[Stored data entries]

....................

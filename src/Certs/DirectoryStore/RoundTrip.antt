-- ===== src/Certs/DirectoryStore/RoundTrip.antt =====
-- What is read of a directory after a certificate was written into it.
use persistent_pod_state.Base.{
  Text, text_eq, nat_eq, List, [], ◌∷◌, some, success, ◌≡◌, refl, ap, ◌∙◌, sym, Option-cases, inl,
  inr,
}
use persistent_pod_state.Base.GoMap.{lookup}
use persistent_pod_state.Base.Lists.{All}
use persistent_pod_state.Base.Strings.{contains}
use persistent_pod_state.Atomic.{FileProjection}
use persistent_pod_state.Atomic.Write.{
  Volume, write, write_over, link_name, is_member, sub_paths, split_dir, trim_slash,
}
use persistent_pod_state.Atomic.Write.Laws.{Includes, current_files, write_over-Includes}
use persistent_pod_state.Atomic.Write.Links.{HasLink, IsReachable, IsFlat, write_over-HasLink}
use persistent_pod_state.Certs.Writer.{Artifacts}
use persistent_pod_state.Certs.SecretStore.{
  CertGenerator, ca_key_name, ca_cert_name, server_cert_name, server_cert_name2, server_key_name,
  server_key_name2,
}
use persistent_pod_state.Certs.DirectoryStore.{
  bytes_of, cert_file, cert_file_names, data_files, visible_file, ensure_exist, read_file,
  read_existing, write_certs_to_dir,
}
use persistent_pod_state.Certs.DirectoryStore.Stored.{
  projected, cert_paths_valid, PicksFresh, read_certs_of,
}

-- What a directory keeps of a certificate: no nil slices, and no version.
abbrev pub kept : Artifacts → Artifacts
kept certs = record {
  ca_key = some (bytes_of certs.ca_key);
  ca_cert = some (bytes_of certs.ca_cert);
  cert = some (bytes_of certs.cert);
  key = some (bytes_of certs.key);
  resource_version = [];
}

cert_names-IsFlat : All IsFlat cert_file_names
unfolding contains link_name sub_paths split_dir trim_slash is_member text_eq nat_eq
cert_names-IsFlat = (
  record { no_slash = refl; own_link = refl; has_path = λ rest. refl },
  (
    record { no_slash = refl; own_link = refl; has_path = λ rest. refl },
    (
      record { no_slash = refl; own_link = refl; has_path = λ rest. refl },
      (
        record { no_slash = refl; own_link = refl; has_path = λ rest. refl },
        (
          record { no_slash = refl; own_link = refl; has_path = λ rest. refl },
          (record { no_slash = refl; own_link = refl; has_path = λ rest. refl }, tt),
        ),
      ),
    ),
  ),
)

-- Each of the six files has its link, as far as it is there.
abbrev pub AreReachable : Volume → Type 0
AreReachable vol = All (IsReachable vol) cert_file_names

data_files-current_files : (vol : Volume) → current_files vol ≡ data_files vol.data_dir vol
data_files-current_files vol = elim (Option-cases vol.data_dir) [
  | inl e ↦ rw e refl
  | inr (dir, e) ↦ rw e refl
]

-- A file with a link is read.
visible_file_found :
    (vol : Volume) (name : Text) (file : FileProjection)
    → HasLink vol.links name
    → lookup name (current_files vol) ≡ some file
    → visible_file vol name ≡ some file
unfolding visible_file
visible_file_found vol name file (target, link) there =
    rw (link, visible_file) (ap (lookup name) (sym (data_files-current_files vol)) ∙ there)

-- A file of the directory has its link and the content.
abbrev Holds : Volume → Text → Text → Type 0
Holds vol name content =
    HasLink vol.links name
    × ((file : FileProjection) × (lookup name (current_files vol) ≡ some file)
        × (file.content ≡ content))

Holds-read_file :
    (vol : Volume) (name content : Text)
    → Holds vol name content
    → read_file vol name ≡ success content
unfolding read_file
Holds-read_file vol name content (link, (file, there, same)) =
    rw (visible_file_found vol name file link there, read_file) (ap success same)

-- The file is there, through its link.
abbrev IsVisible : Volume → Text → Type 0
IsVisible vol name = (file : FileProjection) × (visible_file vol name ≡ some file)

Holds-IsVisible : (vol : Volume) (name content : Text) → Holds vol name content → IsVisible vol name
Holds-IsVisible vol name content (link, (file, there, same)) =
    (file, visible_file_found vol name file link there)

ensure_exist-All :
    (vol : Volume) (names : List Text)
    → All (IsVisible vol) names
    → ensure_exist names vol ≡ success tt
unfolding ensure_exist
ensure_exist-All vol [] h = refl
ensure_exist-All vol (name ∷ names) ((file, there), h) =
    rw (there, ensure_exist) (ensure_exist-All vol names h)

-- The directory holds the certificate's files.
pub record HoldsCerts (certs : Artifacts) (vol : Volume) : Type 0 where
  pub ca_key_held : Holds vol ca_key_name (bytes_of certs.ca_key)
  pub ca_cert_held : Holds vol ca_cert_name (bytes_of certs.ca_cert)
  pub cert_held : Holds vol server_cert_name (bytes_of certs.cert)
  pub cert2_held : Holds vol server_cert_name2 (bytes_of certs.cert)
  pub key_held : Holds vol server_key_name (bytes_of certs.key)
  pub key2_held : Holds vol server_key_name2 (bytes_of certs.key)

HoldsCerts-ensure_exist :
    (certs : Artifacts) (vol : Volume)
    → HoldsCerts certs vol
    → ensure_exist cert_file_names vol ≡ success tt
HoldsCerts-ensure_exist certs vol h = ensure_exist-All vol cert_file_names (
  Holds-IsVisible vol ca_key_name _ h.ca_key_held,
  (
    Holds-IsVisible vol ca_cert_name _ h.ca_cert_held,
    (
      Holds-IsVisible vol server_cert_name _ h.cert_held,
      (
        Holds-IsVisible vol server_cert_name2 _ h.cert2_held,
        (
          Holds-IsVisible vol server_key_name _ h.key_held,
          (Holds-IsVisible vol server_key_name2 _ h.key2_held, tt),
        ),
      ),
    ),
  ),
)

pub HoldsCerts-read :
    (certs : Artifacts) (vol : Volume)
    → HoldsCerts certs vol
    → read_existing vol (ensure_exist cert_file_names vol) ≡ success (kept certs)
unfolding read_existing
HoldsCerts-read certs vol h =
    ap (read_existing vol) (HoldsCerts-ensure_exist certs vol h)
    ∙ unfold read_existing in
      read_certs_of vol _ _ _ _ (Holds-read_file vol ca_key_name _ h.ca_key_held)
        (Holds-read_file vol ca_cert_name _ h.ca_cert_held)
        (Holds-read_file vol server_cert_name _ h.cert_held)
        (Holds-read_file vol server_key_name _ h.key_held)

pub HoldsCerts-AreReachable :
    (certs : Artifacts) (vol : Volume) → HoldsCerts certs vol → AreReachable vol
HoldsCerts-AreReachable certs vol h = (
  λ f e. h.ca_key_held.0,
  (
    λ f e. h.ca_cert_held.0,
    (
      λ f e. h.cert_held.0,
      (λ f e. h.cert2_held.0, (λ f e. h.key_held.0, (λ f e. h.key2_held.0, tt))),
    ),
  ),
)

-- Each name, through the links and the files of the written directory.
module _ (G : CertGenerator) (new_dir : Volume → Text) (picks : PicksFresh new_dir)
    (certs : Artifacts) (vol : Volume) where
  abbrev pub written : Volume
  written = write_over (new_dir vol) (projected certs) vol.data_dir vol

  pub written_lem : write_certs_to_dir G new_dir certs vol ≡ (success tt, written)
  unfolding write_certs_to_dir write
  written_lem = rw (cert_paths_valid certs, write) refl

  written-Includes : Includes (projected certs) (current_files written)
  written-Includes =
      write_over-Includes (new_dir vol) (projected certs) vol (picks vol) vol.data_dir refl

  written-Holds :
      (name : Text) (file : FileProjection)
      → IsFlat name
      → lookup name (projected certs) ≡ some file
      → IsReachable vol name
      → Holds written name file.content
  written-Holds name file flat listed reachable = (
    write_over-HasLink (new_dir vol) (projected certs) name file flat listed vol vol.data_dir refl
        reachable,
    written-Includes name file listed,
  )

  pub written-HoldsCerts : AreReachable vol → HoldsCerts certs written
  unfolding lookup text_eq nat_eq
  written-HoldsCerts (a, (b, (c, (d, (e, (f, _)))))) =
      let (fa, (fb, (fc, (fd, (fe, (ff, _)))))) = cert_names-IsFlat in
      record {
        ca_key_held = written-Holds ca_key_name (cert_file certs.ca_key) fa refl a;
        ca_cert_held = written-Holds ca_cert_name (cert_file certs.ca_cert) fb refl b;
        cert_held = written-Holds server_cert_name (cert_file certs.cert) fc refl c;
        cert2_held = written-Holds server_cert_name2 (cert_file certs.cert) fd refl d;
        key_held = written-Holds server_key_name (cert_file certs.key) fe refl e;
        key2_held = written-Holds server_key_name2 (cert_file certs.key) ff refl f;
      }

  -- Where new directories are not in use, and each of the six files, as far as it is there, has
  -- its link: writing a certificate succeeds, and then the files are all there, the certificate is
  -- read again with its values, and each file has its link.
  pub read_existing-write_certs_to_dir :
      AreReachable vol
      → (after : Volume) × (write_certs_to_dir G new_dir certs vol ≡ (success tt, after))
        × (read_existing after (ensure_exist cert_file_names after) ≡ success (kept certs))
        × AreReachable after
  read_existing-write_certs_to_dir reachable =
      let held = written-HoldsCerts reachable in
      (
        written,
        written_lem,
        HoldsCerts-read certs written held,
        HoldsCerts-AreReachable certs written held,
      )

....................

### About this exercise
Look above for the line holding "-- Each name, through" and the line holding "pub written_lem : write_certs_to_dir", then output exactly those two lines and every line between them, nothing more.

### Solution for this exercise
-- Each name, through the links and the files of the written directory.
module _ (G : CertGenerator) (new_dir : Volume → Text) (picks : PicksFresh new_dir)
    (certs : Artifacts) (vol : Volume) where
  abbrev pub written : Volume
  written = write_over (new_dir vol) (projected certs) vol.data_dir vol

  pub written_lem : write_certs_to_dir G new_dir certs vol ≡ (success tt, written)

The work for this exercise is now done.